There is no doubt, worldwide salinity of soils, irrigation and groundwater plays an increasing role in crop production and protection of natural habitats. In all continents areas affected by salinity problems have increased significantly in the last decades. But fortunately also our knowledge on plant growth under saline conditions, management of saline soils, using water of higher salinity for irrigation and cultivation of halophytic crops has improved significantly.
    However in spite of our increasing experience in saline agriculture and environments, in many parts of the world salinity problems seriously impair sustainability of agriculture and degrade natural resources especially under irrigation. This gap between scientifically proved growth potential in saline environments and effective results under practical conditions often comes from missing chemical data on soils, waters and plants. A professional management of plant growth under saline conditions requires a continuous supply with relevant and site specific chemical data (salinity monitoring).
    We conclude: a professional management of saline agriculture requires a permanent supply of farmers and/or project management with data on salinity and soil fertility, when crop production takes into consideration the following expectations:
    • reasonable and economical yields
    • no over-irrigation
    • protection of environment
    However even when the need for a long-term monitoring of relevant data is accepted principally, there is still the question how to realise this understanding under practical field conditions at reasonable costs with the available staff. To close this gap between understanding and the practical measurement of relevant data we conclude that there is a need for cost-effective strategies and simplified chemical field methods that can be applied and evaluated by non-chemists too.
    Consequently it is the objective of this HANDBOOK to offer a vast choice of rapid chemical field methods to measure and to evaluate parameters on water, soil and plant samples. Most proposed methods have been tested since many years in field studies, they are applicable under the simplest field conditions (villages of least developed countries). But they are also helpful under conditions in developed countries (e.g. greenhouse, drip irrigation), when there is financial pressure or when rapid decisions are expected.
    The HANDBOOK addresses to agronomists, soil chemists, environmentalists and irrigation engineers involved in the preparation, planning, execution and monitoring of irrigated areas and opposed to salt-affected soils and environments. To my experience the data quality and their evaluation has never been a limiting factor. On the contrary, often evaluated data are even more reliable, as measurements can be cross-checked immediately in the field e.g. with visual impressions.
    The HANDBOOK does not address to scientists and other theorists that are mostly interested in analytical precision itself, which does not affect the data evaluation with respect to practical conclusions. With respect to analytical precision the recommended methods will not compete with stationary laboratories equipped with expensive and sophisticated equipment.
    Concerning the general problem for the acceptance of rapid field tests I need not indicate to the limited expressiveness of many well established methods with respect to practical recommendations, especially when they were transferred from agriculture of the developed world to farmer's environment in developing countries.

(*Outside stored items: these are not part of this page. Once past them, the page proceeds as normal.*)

-- ===== src/Database/PrintJobs/Settle/Writes.antt =====
-- What one settlement writes.
use kiosk_project.Database.PrintJobs.Outcome.{
  ApplyPrintJobSettlementInput, PrintJobSettlementOutcome, not_applied, is_open_print_job_status,
}
use kiosk_project.Base.{
  ◌≡◌, refl, ◌==◌, String, true, Option, none, some, Option-cases, inl, inr, Ensures, Ensures-ok,
  Ensures-if, Ensures-map, Ensures-then, same,
}
use kiosk_project.Domain.Session.{SessionState, SessionState-discrete}
use kiosk_project.Database.Tables.{matching}
use kiosk_project.Database.PrintJobs.{PrintJob, PrintStore, PrintSession}
use kiosk_project.Database.PrintJobs.Settle.{
  is_same_job, settle_job, end_session, end_printing, close_session, record_settlement,
  finish_settlement, settle_open, settle_found, find_print_job, apply_print_job_settlement,
  is_version_of_session, move_session, add_session_event,
}

-- The tables that the end of a session does not touch.
pub data SameJobs (s t : PrintStore) : Type 0 where
  same_jobs :
      t.jobs ≡ s.jobs
      → t.commands ≡ s.commands
      → t.events ≡ s.events
      → t.payments ≡ s.payments
      → t.refunds ≡ s.refunds
      → t.paper ≡ s.paper
      → t.audit ≡ s.audit
      → SameJobs s t

-- A settlement's outcome names the refund that was recorded.
abbrev pub Names : Option String → PrintStore → PrintJobSettlementOutcome × PrintStore → Type 0
Names refund_id s r = (r.0.applied ≡ true) × (r.0.refund_id ≡ refund_id) × SameJobs s r.1

untouched : (s : PrintStore) → SameJobs s s
untouched s = same_jobs refl refl refl refl refl refl refl

end_session-Names :
    (input : ApplyPrintJobSettlementInput) (job : PrintJob) (refund_id : Option String)
    (session : Option PrintSession) (s : PrintStore)
    → Ensures (end_session input job refund_id session s) (Names refund_id s)
unfolding end_session end_printing close_session move_session add_session_event
end_session-Names input job refund_id none s = Ensures-ok (refl, refl, untouched s)
end_session-Names input job refund_id (some session) s =
    Ensures-if (same SessionState-discrete session.state SessionState.printing)
      (λ e.
        Ensures-if (matching (is_version_of_session session) s.sessions == 1)
          (λ f.
            Ensures-then _
              (λ cleanup. Ensures-ok (refl, refl, same_jobs refl refl refl refl refl refl refl)))
          (λ f. Ensures-ok (refl, refl, same_jobs refl refl refl refl refl refl refl)))
      (λ e. Ensures-ok (refl, refl, untouched s))

-- The job after its own update, with what is recorded of it.
abbrev pub recorded_for :
    PrintStore → ApplyPrintJobSettlementInput → PrintJob → Option String × PrintStore
unfolding record_settlement settle_job
recorded_for s input job = record_settlement input job (settle_job input job s)

pub data Settlement (s : PrintStore) (input : ApplyPrintJobSettlementInput)
    (r : PrintJobSettlementOutcome × PrintStore) : Type 0 where
  left_alone : r.0 ≡ not_applied → r.1 ≡ s → Settlement s input r
  lost :
      (job : PrintJob)
      → find_print_job input.print_job_id s ≡ some job
      → is_open_print_job_status job.status ≡ true
      → r.0 ≡ not_applied
      → r.1 ≡ settle_job input job s
      → Settlement s input r
  settled :
      (job : PrintJob)
      → find_print_job input.print_job_id s ≡ some job
      → is_open_print_job_status job.status ≡ true
      → Names (recorded_for s input job).0 (recorded_for s input job).1 r
      → Settlement s input r

settle_open-Settlement :
    (s : PrintStore) (input : ApplyPrintJobSettlementInput) (job : PrintJob)
    → find_print_job input.print_job_id s ≡ some job
    → is_open_print_job_status job.status ≡ true
    → Ensures (settle_open input job s) (Settlement s input)
unfolding settle_open finish_settlement
settle_open-Settlement s input job e h =
    Ensures-if (matching (is_same_job job) s.jobs == 1)
      (λ k. Ensures-map (end_session-Names input job _ _ _) (λ r names. settled job e h names))
      (λ k. Ensures-ok (lost job e h refl refl))

pub apply_print_job_settlement-Settlement :
    (s : PrintStore) (input : ApplyPrintJobSettlementInput)
    → Ensures (apply_print_job_settlement s input) (Settlement s input)
unfolding apply_print_job_settlement settle_found
apply_print_job_settlement-Settlement s input =
    elim (Option-cases (find_print_job input.print_job_id s)) [
      | inl e ↦ rw e (Ensures-ok (left_alone refl refl))
      | inr (job, e) ↦ rw e (
          Ensures-if (is_open_print_job_status job.status) (settle_open-Settlement s input job e)
            (λ h. Ensures-ok (left_alone refl refl)))
    ]
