-- ===== src/Database/PrintJobs/Settle/Once.antt =====
-- A print job is settled once.
use kiosk_project.Database.PrintJobs.Outcome.{
  ApplyPrintJobSettlementInput, PrintJobSettlementOutcome, not_applied, is_open_print_job_status,
  job_status_of,
}
use kiosk_project.Base.{
  eq_iff, ◌≡◌, refl, ◌∙◌, ap, String, str_eq, if◌then◌else◌, str_eq_refl, same_refl, true, false,
  some, Bool-cases, inl, inr, ok, Ensures, Ensures-map, ensured, same-true, and_true,
}
use kiosk_project.Domain.PrintJob.{PrintJobSettledStatus}
use kiosk_project.Database.Tables.{update_many, find-holds, find-update_many, updated_row}
use kiosk_project.Database.PrintJobs.{PrintJob, PrintJobStatus-discrete, PrintStore}
use kiosk_project.Database.PrintJobs.Settle.Writes.{
  left_alone, lost, settled, same_jobs, apply_print_job_settlement-Settlement,
}
use kiosk_project.Database.PrintJobs.Settle.{
  is_same_job, settled_job, settle_job, record_settlement, settle_found, find_print_job,
  apply_print_job_settlement,
}

-- What a settlement does to the jobs.
pub data Jobs (s : PrintStore) (input : ApplyPrintJobSettlementInput)
    (r : PrintJobSettlementOutcome × PrintStore) : Type 0 where
  no_jobs : r.0 ≡ not_applied → r.1 ≡ s → Jobs s input r
  one_job :
      (job : PrintJob)
      → find_print_job input.print_job_id s ≡ some job
      → is_open_print_job_status job.status ≡ true
      → r.1.jobs ≡ update_many (is_same_job job) (settled_job input) s.jobs
      → Jobs s input r

pub apply_print_job_settlement-Jobs :
    (s : PrintStore) (input : ApplyPrintJobSettlementInput)
    → Ensures (apply_print_job_settlement s input) (Jobs s input)
unfolding settle_job record_settlement
apply_print_job_settlement-Jobs s input =
    Ensures-map (apply_print_job_settlement-Settlement s input) λ r w. elim w [
      | left_alone n l ↦ no_jobs n l
      | lost job f o n l ↦ one_job job f o (ap (λ t. t.jobs) l)
      | settled job f o (_, _, same_jobs j _ _ _ _ _ _) ↦ one_job job f o j
    ]

-- The job has an outcome.
abbrev pub Closed : String → PrintJob → PrintStore → Type 0
Closed id job s = (find_print_job id s ≡ some job) × (is_open_print_job_status job.status ≡ false)

settled_closed :
    (status : PrintJobSettledStatus) → is_open_print_job_status (job_status_of status) ≡ false
unfolding is_open_print_job_status PrintJobStatus-discrete
settled_closed PrintJobSettledStatus.completed = refl
settled_closed PrintJobSettledStatus.failed = refl
settled_closed PrintJobSettledStatus.canceled = refl
settled_closed PrintJobSettledStatus.recovery_required = refl

pub find_print_job-id :
    (id : String) (s : PrintStore) (job : PrintJob) → find_print_job id s ≡ some job → job.id ≡ id
unfolding find_print_job
find_print_job-id id s job e = (eq_iff job.id id).0 (find-holds (λ j. str_eq j.id id) s.jobs job e)

find_settled :
    (input : ApplyPrintJobSettlementInput) (job : PrintJob) (id : String) (s t : PrintStore)
    → t.jobs ≡ update_many (is_same_job job) (settled_job input) s.jobs
    → find_print_job id t ≡ updated_row (is_same_job job) (settled_job input) (find_print_job id s)
unfolding find_print_job settled_job
find_settled input job id s t e =
    rw e (find-update_many (λ j. str_eq j.id id) _ _ s.jobs (λ j. refl))

not_same :
    (job other : PrintJob)
    → is_open_print_job_status job.status ≡ true
    → is_open_print_job_status other.status ≡ false
    → is_same_job job other ≡ false
unfolding is_same_job
not_same job other h k = elim (Bool-cases (is_same_job job other)) [
  | inl e ↦
      let same_status =
        same-true PrintJobStatus-discrete other.status job.status
          (and_true (str_eq other.id job.id) _ e).1 in
      absurd (cc)
  | inr e ↦ e
]

same_self : (job : PrintJob) → is_same_job job job ≡ true
unfolding is_same_job
same_self job = rw (str_eq_refl job.id, same_refl PrintJobStatus-discrete job.status) refl

-- An outcome is kept, whatever is settled afterwards.
pub Closed-kept :
    (id : String) (job : PrintJob) (s : PrintStore) (input : ApplyPrintJobSettlementInput)
    → Closed id job s
    → Ensures (apply_print_job_settlement s input) (λ r. Closed id job r.1)
Closed-kept id job s input (e, h) = Ensures-map (apply_print_job_settlement-Jobs s input) λ r k.
    elim k [
      | no_jobs n l ↦ rw l (e, h)
      | one_job other f o j ↦ (
        find_settled input other id s r.1 j
            ∙ ap (updated_row (is_same_job other) (settled_job input)) e
            ∙ ap (λ b. some (if b then settled_job input job else job)) (not_same other job o h),
        h,
      )
    ]

-- A settlement that applies leaves its job with the outcome that it was given.
pub apply_print_job_settlement-Closed :
    (s : PrintStore) (input : ApplyPrintJobSettlementInput)
    → Ensures (apply_print_job_settlement s input) (λ r.
      r.0.applied ≡ true
      → (job : PrintJob) × Closed input.print_job_id job r.1
        × (job.status ≡ job_status_of input.status))
unfolding settled_job is_same_job
apply_print_job_settlement-Closed s input =
    Ensures-map (apply_print_job_settlement-Jobs s input) λ r k a. elim k [
      | no_jobs n l ↦ let refused : r.0.applied ≡ false = rw n refl in absurd (cc)
      | one_job job f o j ↦ (
        settled_job input job,
        (
          find_settled input job input.print_job_id s r.1 j
              ∙ ap (updated_row (is_same_job job) (settled_job input)) f
              ∙ ap (λ b. some (if b then settled_job input job else job)) (same_self job),
          settled_closed input.status,
        ),
        refl,
      )
    ]

settled_no_op :
    (s : PrintStore) (input : ApplyPrintJobSettlementInput) (job : PrintJob)
    → Closed input.print_job_id job s
    → apply_print_job_settlement s input ≡ ok (not_applied, s)
unfolding apply_print_job_settlement settle_found
settled_no_op s input job (e, h) = rw (e, h) refl

-- Once a settlement of a job has applied, another settlement of the job, whoever brings it, is
-- answered as not applied and changes no table.
pub apply_print_job_settlement-once :
    (s t : PrintStore) (first second : ApplyPrintJobSettlementInput)
    (outcome : PrintJobSettlementOutcome)
    → apply_print_job_settlement s first ≡ ok (outcome, t)
    → outcome.applied ≡ true
    → second.print_job_id ≡ first.print_job_id
    → apply_print_job_settlement t second ≡ ok (not_applied, t)
apply_print_job_settlement-once s t first second outcome e a same_job =
    let (job, closed, _) = ensured (apply_print_job_settlement-Closed s first) e a in
    settled_no_op t second job (rw same_job closed)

I think that this book contributes to replace the widespread and costly 'trial and error' approaches by professional and effective approaches based on scientific measurements and quantitative data evaluation.
    I hope that some readers of this handbook are encouraged to loose their shyness from the application of rapid field tests. I am sure they will profit from the large potential of rapid field tests and learn to identify and to solve practical problems. Anyhow the need for more environmental related studies and monitoring programmes on the one hand and the limited financial resources on the other hand will force us to look permanently for more cost-effective solutions in the future.
    In case you feel that my way of working with the field laboratory may be interesting for you, contact me please. I can offer you to acquire the field laboratory and in case that you think you may need some assistance to work with the laboratory a TRAINING COURSE is possible. Details on the training course you will find on my website .
    The HANDBOOK is written in English, which is not my mother tongue. When you are American, British or Australian, you will notice that my 'German English' differs from your English. I apologize for this inconvenience. But for most readers interested in this subject it will be easier to understand my 'German English' than to read German, I think. And there is still the chance for you to send to me your corrections, the earlier the better. I am even 100% sure that there are many things to improve and to supplement, the HANDBOOK is a first and clear step.

    And last not least I want to mention that the development and application of the presented methods over more than two decades and writing of this handbook was a really great challenge. The motivation to write and to publish the handbook came from many colleagues, national and international partners, who cooperated at various levels with me in numerous field studies. So I have to thank first of all those institutions working for development aid projects (e.g. KfW, GTZ, DANIDA, EU) that were flexible enough to give me the opportunity for collecting the required experience and to test the technical approaches under practical field conditions of their projects.

    Wolfenbuettel, 2003
    Uwe Schleiff